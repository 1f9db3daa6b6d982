-- ===== src/Store/Lab.antt =====
-- A concrete lab: a topic with a plain subscription and one with a dead-letter topic.
use noctaxris_gcp.Base.{
  ℕ, zero, suc, String, false, ◌≡◌, refl, ap, subst, [], ◌∷◌, none, arith, select_where, select_one,
  exists_row, insert_by, order_by, trim_space,
}
use noctaxris_gcp.Store.Stamps.{second, format}
use noctaxris_gcp.Store.PubSub.Types.{Db, PubSubTopic, PubSubSubscription, PubSubMessage, Uuids}
use noctaxris_gcp.Store.PubSub.Filter.{
  parse_attribute_equality_filter, message_matches_filter, all_wanted,
}
use noctaxris_gcp.Store.PubSub.Topics.{get_topic, create_topic, create_topic_with_labels}
use noctaxris_gcp.Store.PubSub.Subscriptions.{
  SubscriptionArgs, create_subscription, create_subscription_full, checked_subscription,
  check_filter, check_dead_letter, list_subscriptions_for_topic,
}
use noctaxris_gcp.Store.PubSub.Publish.{insert_message, fan_out, publish_fanout, publish}
use noctaxris_gcp.Store.PubSub.Calls.{Call}
use noctaxris_gcp.Store.PubSub.Steps.{empty_db, perform, Reachable, start, step}

-- Identifiers of growing length.
unfoldable pub letters : ℕ → String
letters zero = ""
letters (suc n) = String.◌∷◌ "a" (letters n)

pub letters-injective : (i j : ℕ) → letters i ≡ letters j → i ≡ j
unfolding letters
letters-injective zero zero h = refl
letters-injective zero (suc j) h = cc
letters-injective (suc i) zero h = cc
letters-injective (suc i) (suc j) h = ap suc (letters-injective i j (ground arith))

abbrev pub uuids : Uuids
uuids = record { new_string = letters }

abbrev with_dead_letter : SubscriptionArgs
with_dead_letter = record {
  name = "s";
  topic = "t";
  project_id = "p";
  ack_deadline_seconds = 0;
  push_endpoint = "";
  labels = none;
  filter = "";
  dead_letter_topic = "dl";
  max_delivery_attempts = 5;
  enable_exactly_once = false;
  oidc_service_account_email = "";
  oidc_audience = "";
}

-- The states of the lab, one call after the other.
abbrev lab_one : Db
lab_one = perform uuids 0 empty_db (Call.create_topic "t" "p")

abbrev lab_two : Db
lab_two = perform uuids 0 lab_one (Call.create_topic "dl" "p")

abbrev lab_three : Db
lab_three = perform uuids 0 lab_two (Call.create_subscription "plain" "t" "p" 20)

abbrev lab_four : Db
lab_four = perform uuids 0 lab_three (Call.create_subscription_full with_dead_letter)

-- What the publication left for a subscription.
abbrev copy_of : String → String → PubSubMessage
copy_of subscription ack_id = record {
  id = letters 0;
  subscription = subscription;
  topic = "t";
  payload = 1 ∷ 2 ∷ [];
  attributes = [];
  publish_time = format second;
  ack_id = ack_id;
  ack_deadline = none;
  delivered = false;
  delivery_attempts = 0;
}

abbrev pub plain_copy : PubSubMessage
plain_copy = copy_of "plain" (letters 1)

abbrev pub dead_letter_copy : PubSubMessage
dead_letter_copy = copy_of "s" (letters 2)

-- The subscriptions as they are stored.
abbrev pub plain : PubSubSubscription
plain = record {
  name = "plain";
  topic = "t";
  project_id = "p";
  ack_deadline_seconds = 20;
  push_endpoint = "";
  labels = [];
  filter = "";
  dead_letter_topic = "";
  max_delivery_attempts = 0;
  enable_exactly_once_delivery = false;
  oidc_service_account_email = "";
  oidc_audience = "";
  created_at = format 0;
}

abbrev pub strict : PubSubSubscription
strict = record plain {
  name = "s";
  ack_deadline_seconds = 10;
  dead_letter_topic = "dl";
  max_delivery_attempts = 5;
}

abbrev pub topic_row : String → PubSubTopic
topic_row name = record { name = name; project_id = "p"; labels = []; created_at = format 0 }

abbrev pub lab_db : Db
lab_db = record {
  topics = topic_row "t" ∷ topic_row "dl" ∷ [];
  subscriptions = plain ∷ strict ∷ [];
  messages = plain_copy ∷ dead_letter_copy ∷ [];
  snapshots = [];
  drawn = 3;
}

lab_topics : lab_two ≡ record empty_db { topics = topic_row "t" ∷ topic_row "dl" ∷ [] }
unfolding perform create_topic create_topic_with_labels exists_row trim_space
lab_topics = refl

lab_subscriptions : lab_four ≡ record lab_db { messages = []; drawn = 0 }
unfolding perform create_subscription create_subscription_full checked_subscription check_filter
    check_dead_letter get_topic select_one exists_row trim_space
lab_subscriptions = rw lab_topics refl

lab_published :
    perform uuids second
      (record lab_db { messages = []; drawn = 0 })
      (Call.publish "t" (1 ∷ 2 ∷ []) none)
    ≡ lab_db
unfolding perform publish publish_fanout get_topic select_one list_subscriptions_for_topic order_by
    insert_by select_where fan_out message_matches_filter parse_attribute_equality_filter trim_space
    all_wanted insert_message exists_row letters
lab_published = refl

pub lab-Reachable : Reachable uuids lab_db
lab-Reachable = subst (Reachable uuids) lab_published (
    step second (record lab_db { messages = []; drawn = 0 }) (Call.publish "t" (1 ∷ 2 ∷ []) none)
      (subst (Reachable uuids) lab_subscriptions (
        step 0 lab_three (Call.create_subscription_full with_dead_letter) (
          step 0 lab_two (Call.create_subscription "plain" "t" "p" 20) (
            step 0 lab_one (Call.create_topic "dl" "p")
              (step 0 empty_db (Call.create_topic "t" "p") start))))))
* * * * *
__Task__: Go through the material above and return each line that holds the word "SubscriptionArgs".

__Completed task__:
  SubscriptionArgs, create_subscription, create_subscription_full, checked_subscription,
abbrev with_dead_letter : SubscriptionArgs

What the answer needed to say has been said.